Dapoxetine + vardenafil and dapoxetine + avanafil combinations. Vardenafil 20 mg + dapoxetine 60 mg as Super Vilitra en Super Zhewitra for men who prefer vardenafil’s profile (slightly faster onset than sildenafil, similar duration). Avanafil 100 mg + dapoxetine 60 mg as Super Avana en Extra Super Avana (avanafil has the fastest onset of the PDE-5 class — about 15 minutes — and shorter duration). Udenafil + dapoxetine as Super Zudena. Sildenafil + dapoxetine variants from other manufacturers as Super Fildena en Vigore Force.
Hoe te kiezen. PE alone, no ED → dapoxetine monotherapy 30 or 60 mg on-demand. PE + ED, prefer on-demand only → sildenafil + dapoxetine combination (Super P-Force, Super Kamagra). PE + ED, want longer flexibility → tadalafil + dapoxetine (Tadapox, Super Tadarise). Switch combinations if first choice doesn’t suit — onset, duration, and side-effect profile differ across PDE-5 inhibitors.

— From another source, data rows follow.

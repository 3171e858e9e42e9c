-- ===== src/Core.antt =====
-- internal/core: value objects shared by the bounded contexts.
pub mod Event
pub mod Aggregate
pub mod Std
pub mod Actor
pub mod Level
pub mod ScopeKey
pub mod Anchor
pub mod Hash3
pub mod Context
pub mod Envelope
pub mod Codec
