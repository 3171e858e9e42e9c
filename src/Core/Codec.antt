-- ===== src/Core/Codec.antt =====
-- internal/core/codec.go: the registry of event types, encoding, and decoding with upcasts.
pub mod Laws
use keelage.Prelude.{
  ℕ, zero, suc, ◌+◌, ◌-◌, Bool, true, false, not, ◌&&◌, ◌||◌, ◌⊎◌, inl, inr, Option, none, some,
  ltb, ◌==◌, if◌then◌else◌,
}
use keelage.Prelude.Int.{ℤ, pos, eqb_ℤ}
use keelage.Prelude.Text.{Text, text_eq}

-- An event type as the codec sees it: `Kind` and `Version`, which are 1 or more in every event type of
-- the program.
pub record Events (E : Type 0) : Type 0 where
  pub kind : E → Text
  pub version : E → ℕ

-- What the codec takes from encoding/json: `Marshal`, and `Unmarshal` into the type that is
-- registered for the kind and the version. `none` is an error.
pub record Json (E : Type 0) : Type 0 where
  pub marshal : E → Option Text
  pub unmarshal : Text → ℤ → Text → Option E

-- `Codec`. A map is a function; `types` says which types are registered, and a missing kind has the
-- latest version 0.
pub record Registry (E : Type 0) : Type 0 where
  pub types : Text → ℤ → Bool
  pub latest : Text → ℕ
  pub upcasters : Text → ℕ → Option (E → E)

-- The errors of `Decode`, one for each `return`. The loop of upcasts never runs out of its fuel.
pub data DecodeError : Type 0 where
  not_registered malformed no_upcaster bad_upcaster out_of_fuel : DecodeError

module _ {E : Type 0} (events : Events E) where
  -- `Register` of one event type, given by a value of it; `none` where Go panics.
  unfoldable pub register : Registry E → E → Option (Registry E)
  register c proto =
      let kind = events.kind proto in
      let v = events.version proto in
      if c.types kind (pos v)
      then none
      else some (record c {
        types = λ k w. (text_eq k kind && eqb_ℤ w (pos v)) || c.types k w;
        latest = λ k. if text_eq k kind && ltb (c.latest kind) v then v else c.latest k;
      })

  -- `Upcast`.
  unfoldable pub upcast : Registry E → Text → ℕ → (E → E) → Registry E
  upcast c kind from fn = record c {
    upcasters = λ k v. if text_eq k kind && (v == from) then some fn else c.upcasters k v;
  }

  module _ (json : Json E) (c : Registry E) where
    -- `Encode`.
    unfoldable pub encode : E → Option Text
    encode e = if c.types (events.kind e) (pos (events.version e)) then json.marshal e else none

    -- One round of the loop of `Decode`: the next event.
    unfoldable pub step_up : Text → E → DecodeError ⊎ E
    step_up kind e = elim (c.upcasters kind (events.version e)) [
      | none ↦ inl DecodeError.no_upcaster
      | some up ↦
          if not (text_eq (events.kind (up e)) kind)
            || not (events.version (up e) == events.version e + 1)
          then inl DecodeError.bad_upcaster
          else inr (up e)
    ]

    -- The loop of `Decode`.
    unfoldable pub climb_versions : ℕ → Text → E → DecodeError ⊎ E
    unfolding step_up
    climb_versions zero kind e =
        if ltb (events.version e) (c.latest kind) then inl DecodeError.out_of_fuel else inr e
    climb_versions (suc fuel) kind e =
        if ltb (events.version e) (c.latest kind)
        then elim (step_up kind e) [
          | inl problem ↦ inl problem
          | inr next ↦ climb_versions fuel kind next
        ]
        else inr e

    -- `Decode`. Each round raises the version by one, so that the latest version is fuel enough.
    unfoldable pub decode : Text → ℤ → Text → DecodeError ⊎ E
    unfolding climb_versions
    decode kind v body =
        if not (c.types kind v)
        then inl DecodeError.not_registered
        else elim (json.unmarshal kind v body) [
          | none ↦ inl DecodeError.malformed
          | some e ↦ climb_versions (c.latest kind) kind e
        ]
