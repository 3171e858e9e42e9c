-- ===== src/Core/Codec/Laws.antt =====
-- internal/core/codec.go: what `Decode` gives.
use keelage.Prelude.{
  ℕ, zero, suc, ◌+◌, ◌≤◌, ◌≡◌, ◌≢◌, refl, false, not, ◌||◌, ◌⊎◌, inl, inr, some, Bool-cases,
  Option-cases, ltb, ◌==◌, arith,
}
use keelage.Prelude.Int.{ℤ, pos}
use keelage.Prelude.Text.{Text, text_eq, text_eq_iff}
use keelage.Core.Codec.{
  Events, Json, Registry, DecodeError, encode, step_up, climb_versions, decode,
}

-- JSON reads back, as the type of its kind and version, what it writes.
pub record IsJson {E : Type 0} (events : Events E) (json : Json E) : Type 0 where
  pub reads :
      (e : E) (body : Text)
      → json.marshal e ≡ some body
      → json.unmarshal (events.kind e) (pos (events.version e)) body ≡ some e

module _ {E : Type 0} (events : Events E) (json : Json E) (c : Registry E) where
  -- The result of `Decode`: an event of the latest version or above, or an error of the program, never the end
  -- of the fuel.
  pub data IsDecoded (kind : Text) : DecodeError ⊎ E → Type 0 where
    refused :
        (problem : DecodeError) → problem ≢ DecodeError.out_of_fuel → IsDecoded kind (inl problem)
    latest :
        (e : E) → c.latest kind ≤ events.version e → events.kind e ≡ kind → IsDecoded kind (inr e)

  record StepsUp (kind : Text) (e : E) (next : DecodeError ⊎ E) : Type 0 where
    pub by :
        ((problem : DecodeError) × (next ≡ inl problem) × (problem ≢ DecodeError.out_of_fuel))
        ⊎ ((f : E) × (next ≡ inr f)
            × (events.kind f ≡ kind)
            × (events.version f ≡ events.version e + 1))

  step_up-StepsUp : (kind : Text) (e : E) → StepsUp kind e (step_up events json c kind e)
  unfolding step_up
  step_up-StepsUp kind e = elim (Option-cases (c.upcasters kind (events.version e))) [
    | inl h ↦ record {
      by = inl (DecodeError.no_upcaster, rw (step_up, h) refl, λ bad. ground arith);
    }
    | inr (up, h) ↦
        elim (Bool-cases (
          not (text_eq (events.kind (up e)) kind)
          || not (events.version (up e) == events.version e + 1))) [
            | inl bad ↦ record {
              by = inl (DecodeError.bad_upcaster, rw (step_up, h, bad) refl, λ out. ground arith);
            }
            | inr good ↦ record {
              by = inr (
                up e,
                rw (step_up, h, good) refl,
                (text_eq_iff (events.kind (up e)) kind).0 (ground arith),
                ground arith,
              );
            }
          ]
  ]

  climb-IsDecoded :
      (fuel : ℕ) (kind : Text) (e : E)
      → c.latest kind ≤ events.version e + fuel
      → events.kind e ≡ kind
      → IsDecoded kind (climb_versions events json c fuel kind e)
  unfolding climb_versions
  climb-IsDecoded zero kind e enough same =
      elim (Bool-cases (ltb (events.version e) (c.latest kind))) [
        | inl less ↦ absurd (ground arith)
        | inr done ↦ rw (climb_versions, done) (IsDecoded.latest e (ground arith) same)
      ]
  climb-IsDecoded (suc fuel) kind e enough same =
      elim (Bool-cases (ltb (events.version e) (c.latest kind))) [
        | inr done ↦ rw (climb_versions, done) (IsDecoded.latest e (ground arith) same)
        | inl less ↦ elim (step_up-StepsUp kind e).by [
          | inl (problem, h, fair) ↦ rw (climb_versions, less, h) (IsDecoded.refused problem fair)
          | inr (next, h, kept, up) ↦
              rw (climb_versions, less, h) (climb-IsDecoded fuel kind next (omega arith) kept)
        ]
      ]

  -- Decode ends, with an error or with an event of the kind that was asked for, at its latest version
  -- or above, where the JSON library gives events of the kind that it was asked for.
  pub decode-IsDecoded :
      (kind : Text) (v : ℤ) (body : Text)
      → ((e : E) → json.unmarshal kind v body ≡ some e → events.kind e ≡ kind)
      → IsDecoded kind (decode events json c kind v body)
  unfolding decode
  decode-IsDecoded kind v body typed = elim (Bool-cases (c.types kind v)) [
    | inr missing ↦
        rw (decode, missing) (IsDecoded.refused DecodeError.not_registered (λ out. ground arith))
    | inl known ↦ elim (Option-cases (json.unmarshal kind v body)) [
      | inl bad ↦
          rw (decode, known, bad) (IsDecoded.refused DecodeError.malformed (λ out. ground arith))
      | inr (e, read) ↦
          rw (decode, known, read)
            (climb-IsDecoded (c.latest kind) kind e (omega arith) (typed e read))
    ]
  ]

  -- What Encode writes of an event at the latest version of its kind or above, Decode reads back,
  -- where the JSON library reads back what it writes.
  pub decode-encode :
      (law : IsJson events json) (e : E) (body : Text)
      → c.latest (events.kind e) ≤ events.version e
      → encode events json c e ≡ some body
      → decode events json c (events.kind e) (pos (events.version e)) body ≡ inr e
  unfolding encode decode
  decode-encode law e body newest h =
      elim (Bool-cases (c.types (events.kind e) (pos (events.version e)))) [
        | inr missing ↦ absurd (ground arith)
        | inl known ↦
            let written : json.marshal e ≡ some body = ground arith in
            rw (decode, known, law.reads e body written) (unchanged (c.latest (events.kind e)))
      ]
    where
      unchanged : (fuel : ℕ) → climb_versions events json c fuel (events.kind e) e ≡ inr e
      unchanged zero = ground arith
      unchanged (suc fuel) =
          let old : ltb (events.version e) (c.latest (events.kind e)) ≡ false = ground arith in
          rw (climb_versions, old) refl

Belangrijk. Side-effects of dapoxetine include orthostatic hypotension and syncope (especially with first dose; sit or lie down if dizzy), nausea (~10%), headache, and rarely serotonergic effects — never combine with other SSRIs/SNRIs, MAO inhibitors, lithium, tramadol, fentanyl, or St John’s wort within the wash-out periods. PDE-5 inhibitors absolutely contraindicated with nitrates (sublingual GTN, isosorbide), riociguat, and recent stroke or MI. Do not exceed one combination tablet in 24 hours. PE should be confirmed (consistent IELT < 1–2 minutes, distress, perceived loss of control) — performance anxiety alone is better managed with counselling.
All MedsBase Dapoxetine and combination products ship from WHO-GMP gecertificeerde fabrikanten met discrete verpakking en vallen onder onze Reshipment Assurance Policy.